Alexander Calder also known as Sandy Calder, was an American sculptor and artist most famous for inventing the mobile. In addition to mobile and stabile sculpture, Alexander Calder also created paintings, lithographs, toys and tapestry and designed carpets.
Born in Lawnton, Pennsylvania. Calder came from a family of artists. His father, Alexander Stirling Calder, was a well-known sculptor who created many public installations, a majority of them located in Philadelphia. Calder’s grandfather, sculptor Alexander Milne Calder, was born in Scotland and immigrated to Philadelphia in 1868. Calder’s mother, Nanette Lederer Calder, was a professional portrait painter who studied at the Académie Julian and the Sorbonne in Paris. His older sister, Margaret “Peggy” Calder (her married name was Margaret Calder Hayes) was instrumental in the development of the UC Berkeley Art Museum.
When Calder was seven and his sister was nine, Stirling Calder contracted tuberculosis and Calder’s parents moved to a ranch in Oracle, Arizona. After Arizona, the Calder family moved to Pasadena, California. The windowed cellar of the family home became Calder’s first studio and he received his first set of tools. He used scraps of copper wire that he found in the streets to make jewelry and beads for his sister’s dolls. In 1907, Calder’s mother took him to the Tournament of Roses and he observed a four-horse-chariot race. This style of event later became the finale of Calder’s wire circus shows.
In 1910, Stirling Calder’s rehabilitation was complete and the Calder family moved back to Philadelphia, where he briefly attended the Germantown Academy, and then to Croton-on-Hudson in New York. After Croton, the Calders moved to Spuyten Duyvil to be closer to the Tenth Street Studio Building in New York, where Stirling Calder rented a studio. While living in Spuyten Duyvil, Calder attended Yonkers High. In 1912, Stirling Calder was appointed acting chief of the Department of Sculpture of the Panama Pacific International Exposition in San Francisco. He began work on sculptures for the exposition that was held in 1915. During Alexander Calder’s high school years between 1912 and 1915, the Calder family moved back and forth between New York and California.
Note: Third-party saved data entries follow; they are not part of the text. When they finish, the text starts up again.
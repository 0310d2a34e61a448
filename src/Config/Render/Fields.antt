-- ===== src/Config/Render/Fields.antt =====
-- How the parser of crates/avash/src/lib.rs reads one line that `render_host_block` writes.
use avash.Base.{
  ℕ, false, ◌≡◌, refl, ap, ◌∙◌, inl, inr, some, List, [], ◌∷◌, ◌++◌, arith, any, ◌==◌, Bool-cases,
  is_nil,
}
use avash.Base.Text.{
  Text, codes, is_whitespace, trim_start, trim_end, trim, trim_end, trim_start_if, trim_end_if,
  strip_prefix, strip_last, split_once, lower,
}
use avash.Base.Trim.{trim-trim, trim_start_if-cons, trim_end_if_idem, trim_end_if-append}
use avash.Config.Host.{SshHost}
use avash.Config.Blocks.{
  Reader, step, first_port, unquoted, dequote, on_line, key_value, directive, set_field,
  first_value,
}
use avash.Config.Render.{quoted}

-- What trimming has left, and is not empty.
pub record IsTrimmed (v : Text) : Type 0 where
  pub given : is_nil v ≡ false
  pub at_end : trim_end_if is_whitespace v ≡ v
  pub both : trim v ≡ v

pub trim-IsTrimmed : (s : Text) → is_nil (trim s) ≡ false → IsTrimmed (trim s)
trim-IsTrimmed s h = record {
  given = h;
  at_end = trim_end_if_idem is_whitespace (trim_start_if is_whitespace s);
  both = trim-trim s;
}

unquoted-plain : (v : Text) → any (λ c. c == b'"') v ≡ false → unquoted v ≡ v
unfolding strip_prefix
unquoted-plain [] h = refl
unquoted-plain (c ∷ v) h = ground arith

pub dequote-plain : (v : Text) → any (λ c. c == b'"') v ≡ false → trim v ≡ v → dequote v ≡ v
unfolding dequote
dequote-plain v h t = ap unquoted t ∙ unquoted-plain v h

pub trim_start-indent : (s : Text) → trim_start (codes "    " ++ s) ≡ trim_start s
unfolding trim_start_if is_whitespace
trim_start-indent s = refl

-- A line of a key, one space and a trimmed value, behind four spaces.
pub trim-line :
    (k : ℕ) (ks v : Text)
    → is_whitespace k ≡ false
    → is_nil v ≡ false
    → trim_end v ≡ v
    → trim (codes "    " ++ k ∷ (ks ++ v)) ≡ k ∷ (ks ++ v)
trim-line k ks v h full at_end =
    ap (trim_end_if is_whitespace)
      (trim_start-indent (k ∷ (ks ++ v)) ∙ trim_start_if-cons is_whitespace k (ks ++ v) h)
    ∙ (trim_end_if-append is_whitespace (k ∷ ks) v (rw at_end full)
        ∙ ap (λ a. k ∷ (ks ++ a)) at_end)

-- A reader inside the block of a host.
abbrev pub reading : List SshHost → SshHost → Reader
reading hosts h = record { hosts = hosts; current = some h }

module _ (hosts : List SshHost) (h : SshHost) (v w : Text) (t : IsTrimmed v)
    (d : dequote v ≡ w) where
  pub step-hostname :
      step (reading hosts h) (codes "    HostName " ++ v)
      ≡ reading hosts (record h { hostname = first_value h.hostname w })
  unfolding on_line directive set_field key_value split_once strip_prefix lower is_whitespace
  step-hostname =
      ap (on_line (reading hosts h))
        (trim-line b'H' (codes "ostName ") v (unfold is_whitespace in refl) t.given t.at_end)
      ∙ ap (λ x. reading hosts (record h { hostname = first_value h.hostname x }))
          (ap dequote t.both ∙ d)

  pub step-user :
      step (reading hosts h) (codes "    User " ++ v)
      ≡ reading hosts (record h { user = first_value h.user w })
  unfolding on_line directive set_field key_value split_once strip_prefix lower is_whitespace
  step-user =
      ap (on_line (reading hosts h))
        (trim-line b'U' (codes "ser ") v (unfold is_whitespace in refl) t.given t.at_end)
      ∙ ap (λ x. reading hosts (record h { user = first_value h.user x })) (ap dequote t.both ∙ d)

  pub step-identity :
      step (reading hosts h) (codes "    IdentityFile " ++ v)
      ≡ reading hosts (record h { identity_file = first_value h.identity_file w })
  unfolding on_line directive set_field key_value split_once strip_prefix lower is_whitespace
  step-identity =
      ap (on_line (reading hosts h))
        (trim-line b'I' (codes "dentityFile ") v (unfold is_whitespace in refl) t.given t.at_end)
      ∙ ap (λ x. reading hosts (record h { identity_file = first_value h.identity_file x }))
          (ap dequote t.both ∙ d)

  pub step-jump :
      step (reading hosts h) (codes "    ProxyJump " ++ v)
      ≡ reading hosts (record h { proxy_jump = first_value h.proxy_jump w })
  unfolding on_line directive set_field key_value split_once strip_prefix lower is_whitespace
  step-jump =
      ap (on_line (reading hosts h))
        (trim-line b'P' (codes "roxyJump ") v (unfold is_whitespace in refl) t.given t.at_end)
      ∙ ap (λ x. reading hosts (record h { proxy_jump = first_value h.proxy_jump x }))
          (ap dequote t.both ∙ d)

pub step-port :
    (hosts : List SshHost) (h : SshHost) (v : Text)
    → IsTrimmed v
    → step (reading hosts h) (codes "    Port " ++ v)
      ≡ reading hosts (record h { port = first_port h.port v })
unfolding on_line directive set_field key_value split_once strip_prefix lower is_whitespace
step-port hosts h v t =
    ap (on_line (reading hosts h))
      (trim-line b'P' (codes "ort ") v (unfold is_whitespace in refl) t.given t.at_end)
    ∙ ap (λ x. reading hosts (record h { port = first_port h.port x })) t.both

strip_last-append : (k : ℕ) (s : Text) → strip_last k (s ++ k ∷ []) ≡ some s
unfolding strip_last
strip_last-append k [] = ground arith
strip_last-append k (c ∷ []) = ground arith
strip_last-append k (c ∷ d ∷ s) = rw (strip_last-append k (d ∷ s)) refl

quotes-trim_end :
    (v : Text) → trim_end_if is_whitespace (b'"' ∷ (v ++ b'"' ∷ [])) ≡ b'"' ∷ (v ++ b'"' ∷ [])
unfolding trim_end_if is_whitespace
quotes-trim_end v = trim_end_if-append is_whitespace (b'"' ∷ v) (b'"' ∷ []) refl

quotes-trim : (v : Text) → trim (b'"' ∷ (v ++ b'"' ∷ [])) ≡ b'"' ∷ (v ++ b'"' ∷ [])
quotes-trim v =
    ap (trim_end_if is_whitespace)
      (trim_start_if-cons is_whitespace b'"' (v ++ b'"' ∷ []) (unfold is_whitespace in refl))
    ∙ quotes-trim_end v

unquoted-quotes : (v : Text) → unquoted (b'"' ∷ (v ++ b'"' ∷ [])) ≡ v
unfolding strip_prefix
unquoted-quotes v = rw (unquoted, strip_last-append b'"' v) refl

-- A path in quotes is trimmed, and is read without them.
pub quoted-IsTrimmed : (v : Text) → IsTrimmed v → IsTrimmed (quoted v)
unfolding quoted
quoted-IsTrimmed v t = elim (Bool-cases (any is_whitespace v)) [
  | inl e ↦ rw e (record { given = refl; at_end = quotes-trim_end v; both = quotes-trim v })
  | inr e ↦ rw e t
]

pub dequote-quoted :
    (v : Text) → IsTrimmed v → any (λ c. c == b'"') v ≡ false → dequote (quoted v) ≡ v
unfolding quoted
dequote-quoted v t plain = elim (Bool-cases (any is_whitespace v)) [
  | inl e ↦ rw e (unfold dequote in (ap unquoted (quotes-trim v) ∙ unquoted-quotes v))
  | inr e ↦ rw e (dequote-plain v plain t.both)
]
Toward the end of this period he could graduate from Lowell High School in San Francisco in 1915. In 1915, Calder decided to study mechanical engineering after learning about the discipline from a classmate at Lowell High School. After 1919 he worked a variety of engineering jobs, including working as a hydraulics engineer and a draughtsman for the New York Edison Company, but he was not content in any of the roles. Having decided to become an artist, Calder moved to New York and enrolled at the Art Students' League. While a student, he worked for the National Police Gazette where, in 1925, one of his assignments was sketching the Ringling Brothers and Barnum and Bailey Circus. Calder became fascinated with the circus, a theme that would reappear in his later work.
In 1927, Calder returned to the United States. He designed several kinetic wooden push and pull toys for children. In 1928, Calder held his first solo show at a commercial gallery at the Weyhe Gallery in New York City. In 1934, he had his first solo museum exhibition in the United States at The Renaissance Society at the University of Chicago.
While in Paris, Calder met and became friends with a number of avant-garde artists, including Joan MirĂł, Jean Arp, and Marcel Duchamp. A visit to Piet Mondrian's studio in 1930 "shocked" him into embracing abstract art. By the end of 1931, he had quickly moved on to more delicate sculptures which derived their motion from the air currents in the room. From this, Calder's true "mobiles" were born. At the same time, Calder was also experimenting with self-supporting, static, abstract sculptures, dubbed "stabiles" by Arp to differentiate them from mobiles.
He returned to America in 1933 to settle in a farmhouse in Roxbury, Connecticut. He worked with Martha Graham, designing stage sets for her ballets and created a moving stage construction to accompany Eric Satie's Socrate in 1936. Calder was one of 250 sculptors who exhibited in the 3rd Sculpture International held at the Philadelphia Museum of Art in the summer of 1949. His mobile, International Mobile was the centerpiece of the exhibition and hangs in 2006 where it was placed in 1949. In the 1950s, Calder increasingly concentrated his efforts on producing monumental sculptures. Notable examples are ".125" for JFK Airport in 1957, "La Spirale" for UNESCO in Paris 1958 and "L'Homme" ("Man") for Expo '67 in Montreal. Calder's largest sculpture was "El Sol Rojo", constructed for the Olympic games in Mexico City. Calder created a sculpture called WTC Stabile (also known as The Cockeyed Propeller and Three Wings), which in 1971 was installed at the entrance of the World Trade Center's North Tower.
Calder died in 1976. He had been working on a third plane, entitled Tribute to Mexico, when he died.